▸ Required action
Look below for the line holding "check_verdict e (ok (verdict false))" and the line holding "unfolding check_verdict". Transcribe exactly those lines and all lines between them, nothing more.
──────
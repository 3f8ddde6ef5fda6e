-- ===== src/DomainStateMachine/Callbacks.antt =====
-- src/domain-state-machine/definition.ts, snapshot.ts and transition.ts: validation of a definition
-- and of a snapshot, and the calls of guards and reducers.
use ddd_kit_ts.Base.{
  Bool, true, false, Option, none, some, List, [], ◌∷◌, if◌then◌else◌, Outcome, ok, throws, ◌>>=◌,
}
use ddd_kit_ts.Base.JsMap
use ddd_kit_ts.Base.JsMap.{JsMap}
use ddd_kit_ts.Base.JsString.{JsString, JsString-discrete}
use ddd_kit_ts.DomainStateMachine.Types.{
  DomainMachineInput, DomainMachineSnapshot, DomainTransitionGuardResult, DomainTransitionResult,
  Verdict, DomainTransition, DomainStateNode, DomainMachineDefinition, Error, decision, rejection,
  not_a_result, reduced, malformed, verdict, not_boolean,
}

-- What a validation callback returned, with the error of a refusal.
unfoldable pub check_verdict :
    {D X : Type 0} → Error D X → Outcome X Verdict → Outcome (Error D X) (Unit {0})
check_verdict e (throws x) = throws (Error.raised x)
check_verdict e (ok not_boolean) = throws Error.verdict_not_boolean
check_verdict e (ok (verdict true)) = ok tt
check_verdict e (ok (verdict false)) = throws e

unfoldable pub check_optional :
    {C D X : Type 0}
    → Error D X
    → Option (DomainMachineSnapshot C → Outcome X Verdict)
    → DomainMachineSnapshot C
    → Outcome (Error D X) (Unit {0})
unfolding check_verdict
check_optional e none s = ok tt
check_optional e (some validate) s = check_verdict e (validate s)

-- `resolveDomainTransitionGuardResult`, with what the guard threw.
unfoldable pub resolve_guard :
    {D X : Type 0}
    → Outcome X (DomainTransitionGuardResult D)
    → Outcome (Error D X) (Bool × Option D)
resolve_guard (throws x) = throws (Error.raised x)
resolve_guard (ok (decision allowed)) = ok (allowed, none)
resolve_guard (ok (rejection e)) = ok (false, some e)
resolve_guard (ok not_a_result) = throws Error.invalid_guard_result

-- `validateDomainTransitionResult` and the reads of its parts, with what the reducer threw.
unfoldable pub read_result :
    {C O D X : Type 0}
    → Outcome X (DomainTransitionResult C O)
    → Outcome (Error D X) (Option C × Option (List O))
read_result (throws x) = throws (Error.raised x)
read_result (ok (reduced context outputs)) = ok (context, outputs)
read_result (ok malformed) = throws Error.invalid_result

module _ {C I O D X : Type 0} where
  abbrev pub node_at :
      DomainMachineDefinition C I O D X → JsString → Option (DomainStateNode C I O D X)
  node_at d state = JsMap.get JsString-discrete state d.states

  -- The transitions of a state: not from a terminal one, and to states that there are.
  unfoldable pub validate_transitions :
      DomainMachineDefinition C I O D X
      → JsString
      → Bool
      → JsMap JsString (DomainTransition C I O D X)
      → Outcome (Error D X) (Unit {0})
  unfolding JsString-discrete
  validate_transitions d state terminal [] = ok tt
  validate_transitions d state true (e ∷ on) = throws (Error.terminal_with_transitions state)
  validate_transitions d state false (e ∷ on) =
      let rest = validate_transitions d state false on in
      if JsMap.has JsString-discrete e.1.target d.states
      then rest
      else throws (Error.unknown_target state e.0 e.1.target)

  unfoldable pub validate_states :
      DomainMachineDefinition C I O D X
      → JsMap JsString (DomainStateNode C I O D X)
      → Outcome (Error D X) (Unit {0})
  unfolding validate_transitions
  validate_states d [] = ok tt
  validate_states d (e ∷ states) =
      let rest = validate_states d states in
      validate_transitions d e.0 e.1.terminal e.1.on >>= λ _. rest

  unfoldable pub validate_definition :
      DomainMachineDefinition C I O D X → Outcome (Error D X) (Unit {0})
  unfolding validate_states JsString-discrete
  validate_definition d =
      if JsMap.has JsString-discrete d.initial d.states
      then validate_states d d.states
      else throws Error.unknown_initial

  unfoldable pub validate_snapshot_invariant :
      DomainMachineDefinition C I O D X → DomainMachineSnapshot C → Outcome (Error D X) (Unit {0})
  unfolding check_optional JsString-discrete
  validate_snapshot_invariant d s = elim (node_at d s.state) [
    | none ↦ throws Error.no_node
    | some node ↦ check_optional (Error.context_violation s.state) node.validate_context s >>= λ _.
        check_optional (Error.snapshot_violation s.state) d.validate_snapshot s
  ]

  -- `getTransition`, and none from a terminal state.
  unfoldable pub transition_of :
      DomainStateNode C I O D X → JsString → Option (DomainTransition C I O D X)
  unfolding JsString-discrete
  transition_of node input_type =
      if node.terminal then none else JsMap.get JsString-discrete input_type node.on

  unfoldable pub run_guard :
      DomainTransition C I O D X
      → DomainMachineSnapshot C
      → DomainMachineInput I
      → Outcome (Error D X) (Bool × Option D)
  unfolding resolve_guard
  run_guard t s input = elim t.guard [
    | none ↦ ok (true, none)
    | some guard ↦ resolve_guard (guard s input)
  ]

  unfoldable pub run_reduce :
      DomainTransition C I O D X
      → DomainMachineSnapshot C
      → DomainMachineInput I
      → Outcome (Error D X) (Option C × Option (List O))
  unfolding read_result
  run_reduce t s input = elim t.reduce [
    | none ↦ ok (none, none)
    | some reduce ↦ read_result (reduce s input)
  ]

-- The guard's decision as `transitionPreparedDomainState` turns it into an error.
unfoldable pub enforce_guard :
    {D X : Type 0} → JsString → JsString → Bool × Option D → Outcome (Error D X) (Unit {0})
enforce_guard from input_type (true, reason) = ok tt
enforce_guard from input_type (false, none) = throws (Error.guard_rejected from input_type)
enforce_guard from input_type (false, some e) = throws (Error.rejected e)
──────
▸ Reply
check_verdict e (ok (verdict false)) = throws e

unfoldable pub check_optional :
    {C D X : Type 0}
    → Error D X
    → Option (DomainMachineSnapshot C → Outcome X Verdict)
    → DomainMachineSnapshot C
    → Outcome (Error D X) (Unit {0})
unfolding check_verdict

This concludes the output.